__DIRECTIONS__
Copy each line of the entries that includes the word "unfoldable".

__PROVIDED INFORMATION__
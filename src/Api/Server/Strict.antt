-- ===== src/Api/Server/Strict.antt =====
-- internal/api/server/server.gen.go: the interface of the handlers, and the strict handler, which
-- decodes a request's body for them and writes their response. `W` is the state that they work on.
use policy_manager.Base.{String, Option, some, Result, ok, err, ◌∷◌, []}
use policy_manager.Base.Text.{sprintf}
use policy_manager.Http.{Writer, http_error}
use policy_manager.Api.Codec.{Codec}
use policy_manager.Api.Server
use policy_manager.Api.Server.{
  GetHealthResponse, ListPoliciesParams, CreatePolicyResponse, GetPolicyResponse,
  ListPoliciesResponse, UpdatePolicyResponse, DeletePolicyResponse,
}
use policy_manager.Api.Server.Visits.{
  visit_get_health, visit_list_policies, visit_create_policy, visit_delete_policy, visit_get_policy,
  visit_update_policy,
}

-- `StrictServerInterface`; the request objects are their fields.
pub record StrictServer (W : Type 0) : Type 0 where
  pub get_health : W → Result String GetHealthResponse
  pub list_policies : ListPoliciesParams → W → Result String ListPoliciesResponse
  pub create_policy :
      Option String → Option Server.Policy → W → Result String CreatePolicyResponse × W
  pub delete_policy : String → W → Result String DeletePolicyResponse × W
  pub get_policy : String → W → Result String GetPolicyResponse
  pub update_policy : String → Option Server.Policy → W → Result String UpdatePolicyResponse × W

-- RequestErrorHandlerFunc and ResponseErrorHandlerFunc of `NewStrictHandler`.
abbrev pub request_error : String → Writer → Writer
request_error e w = http_error (sprintf ("can't decode JSON body: " ∷ e ∷ [])) 400 w

abbrev pub response_error : String → Writer → Writer
response_error e w = http_error e 500 w

-- The end of each method, from the handler's results: the response is always of its operation.
unfoldable pub visited : Result String (Unit {0}) × Writer → Writer
visited (ok u, w) = w
visited (err e, w) = response_error e w

unfoldable pub respond :
    {R : Type 0}
    → (R → Writer → Result String (Unit {0}) × Writer)
    → Result String R
    → Writer
    → Writer
unfolding visited
respond visit (err e) w = response_error e w
respond visit (ok response) w = visited (visit response w)

module _ {W : Type 0} (codec : Codec) (ssi : StrictServer W) where
  unfoldable pub get_health : Writer → W → Writer
  get_health w s = respond (visit_get_health codec) (ssi.get_health s) w

  unfoldable pub list_policies : ListPoliciesParams → Writer → W → Writer
  list_policies params w s = respond (visit_list_policies codec) (ssi.list_policies params s) w

  create_decoded : Option String → Result String Server.Policy → Writer → W → Writer × W
  create_decoded id (err e) w s = (request_error e w, s)
  create_decoded id (ok body) w s =
      let (response, s') = ssi.create_policy id (some body) s in
      (respond (visit_create_policy codec) response w, s')

  unfoldable pub create_policy : Option String → String → Writer → W → Writer × W
  unfolding create_decoded
  create_policy id body w s = create_decoded id (codec.decode_body body) w s

  unfoldable pub delete_policy : String → Writer → W → Writer × W
  delete_policy policy_id w s =
      let (response, s') = ssi.delete_policy policy_id s in
      (respond (visit_delete_policy codec) response w, s')

  unfoldable pub get_policy : String → Writer → W → Writer
  get_policy policy_id w s = respond (visit_get_policy codec) (ssi.get_policy policy_id s) w

  update_decoded : String → Result String Server.Policy → Writer → W → Writer × W
  update_decoded policy_id (err e) w s = (request_error e w, s)
  update_decoded policy_id (ok body) w s =
      let (response, s') = ssi.update_policy policy_id (some body) s in
      (respond (visit_update_policy codec) response w, s')

  unfoldable pub update_policy : String → String → Writer → W → Writer × W
  unfolding update_decoded
  update_policy policy_id body w s = update_decoded policy_id (codec.decode_body body) w s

__REPLY TO THE TASK__
unfoldable pub visited : Result String (Unit {0}) × Writer → Writer
unfoldable pub respond :
  unfoldable pub get_health : Writer → W → Writer
  unfoldable pub list_policies : ListPoliciesParams → Writer → W → Writer
  unfoldable pub create_policy : Option String → String → Writer → W → Writer × W
  unfoldable pub delete_policy : String → Writer → W → Writer × W
  unfoldable pub get_policy : String → Writer → W → Writer
  unfoldable pub update_policy : String → String → Writer → W → Writer × W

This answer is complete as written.